Exercise data
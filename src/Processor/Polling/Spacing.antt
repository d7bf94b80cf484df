-- ===== src/Processor/Polling/Spacing.antt =====
-- Polls that do not overlap: one batch at a time.
use settlement_engine.Prelude.{
  ℕ, suc, ◌+◌, ◌-◌, ◌≤◌, ◌≡◌, refl, ap, ◌∙◌, Bool, true, false, branch, not, ◌||◌, List, ◌∷◌, ◌++◌,
  length, ltb, arith, length-append,
}
use settlement_engine.Schemas.{MatchWithMeta}
use settlement_engine.Accumulator.{
  BatchAccumulator, add_matches, should_process, needs_more_matches, get_pending_count,
}
use settlement_engine.Processor.Polling.{
  Polling, process_if_due, poll, read_done, batch_done, start, stop_rest, stop, stop_goes_on,
  reclaim_pending, reclaim_done, Step, started, polled, read, finished, stopped, went_on,
  said_goodbye, reclaiming, reclaimed, Steps, no_step, and_then, new_polling,
}

-- one poll at most awaits its read or its batch, and a batch in flight has set the promise
pub record One (reads : ℕ) (in_flight : List (List MatchWithMeta)) (processing : Bool)
    : Type 0 where
  pub one : reads + length in_flight ≤ 1
  pub seen : processing ≡ false → length in_flight ≡ 0

abbrev pub OneAtATime : Polling → Type 0
OneAtATime p = One p.reads p.in_flight p.processing

process_if_due-One :
    (now : ℕ) (p : Polling)
    → OneAtATime p
    → p.reads + length p.in_flight ≡ 0
    → OneAtATime (process_if_due now p)
unfolding process_if_due
process_if_due-One now p h idle =
    branch OneAtATime (should_process now p.accumulator) _ _
      (λ due. record { one = omega (arith, idle); seen = λ e. absurd (ground (arith, e)) })
      λ early. h

poll-One :
    (now : ℕ) (ready : Bool) (p : Polling)
    → OneAtATime p
    → p.reads ≡ 0
    → OneAtATime (poll now ready p)
unfolding poll
poll-One now ready p h none_reading =
    branch OneAtATime (not p.is_running || (ltb now p.next_retry_at || p.processing)) _ _
      (λ skip. h)
      λ go.
        let free : p.processing ≡ false = ground (arith, go) in
        let idle : length p.in_flight ≡ 0 = h.seen free in
        branch OneAtATime (needs_more_matches p.accumulator) _ _
          (λ short.
            branch OneAtATime ready _ _
              (λ up. record { one = omega (arith, idle, none_reading); seen = h.seen }) λ down. h)
          λ full. process_if_due-One now p h (omega (arith, idle, none_reading))

stop_rest-One : (now : ℕ) (p : Polling) → OneAtATime p → OneAtATime (stop_rest now p)
unfolding stop_rest
stop_rest-One now p h =
    branch OneAtATime (ltb 0 (get_pending_count p.accumulator)) _ _ (λ left. h) λ empty. h

pub step-One : (p q : Polling) → Step true p q → OneAtATime p → OneAtATime q
unfolding start read_done batch_done stop stop_goes_on reclaim_pending reclaim_done
step-One _ _ (polled now ready p spaced) h = poll-One now ready p h (spaced refl)
step-One _ _ (started now ready p spaced) h =
    branch OneAtATime p.is_running _ _ (λ on. h)
      (λ off. poll-One now ready (record p { is_running = true }) h (spaced refl))
step-One _ _ (read now matches p reading) h =
    let idle : (p.reads - 1) + length p.in_flight ≡ 0 = omega (arith, h.one, reading) in
    process_if_due-One now
      (record p { accumulator = add_matches matches p.accumulator; reads = p.reads - 1 })
      (record { one = omega (arith, idle); seen = h.seen }) idle
step-One _ _ (finished newer older batch next_try p at) h =
    let size : length p.in_flight ≡ length newer + suc (length older) =
      ap length at ∙ length-append newer (batch ∷ older) in
    let gone : length (newer ++ older) ≡ 0 =
      omega (arith, h.one, size, length-append newer older) in
    record { one = omega (arith, h.one, size, gone); seen = λ e. gone }
step-One _ _ (stopped now p) h =
    branch OneAtATime (not p.is_running) _ _ (λ off. h)
      λ on.
        branch OneAtATime p.processing _ _ (λ busy. h)
          λ free. stop_rest-One now (record p { is_running = false }) h
step-One _ _ (went_on now rejected p waiting) h =
    branch OneAtATime rejected _ _ (λ no. h) λ yes. stop_rest-One now p h
step-One _ _ (said_goodbye p) h = h
step-One _ _ (reclaiming ready p) h =
    branch OneAtATime p.is_running _ _ (λ on. branch OneAtATime ready _ _ (λ up. h) λ down. h)
      λ off. h
step-One _ _ (reclaimed matches p one) h = h

kept-One : (p q : Polling) → Steps true p q → OneAtATime p → OneAtATime q
kept-One _ _ (no_step p) h = h
kept-One _ _ (and_then p q r before s) h = step-One q r s (kept-One p q before h)

-- As long as no poll begins while another awaits its read, the polls have one batch in flight at most, in
-- every state that a new processor can reach.
pub spaced_polls_one_batch :
    (accumulator : BatchAccumulator) (p : Polling)
    → Steps true (new_polling accumulator) p
    → length p.in_flight ≤ 1
unfolding new_polling
spaced_polls_one_batch accumulator p steps =
    let h =
      kept-One (new_polling accumulator) p steps (record { one = omega arith; seen = λ e. refl }) in
    omega (arith, h.one)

The problem
Work out the number of lines in the entries above that hold the word "kept", giving the number without comment.

Answer to this exercise
4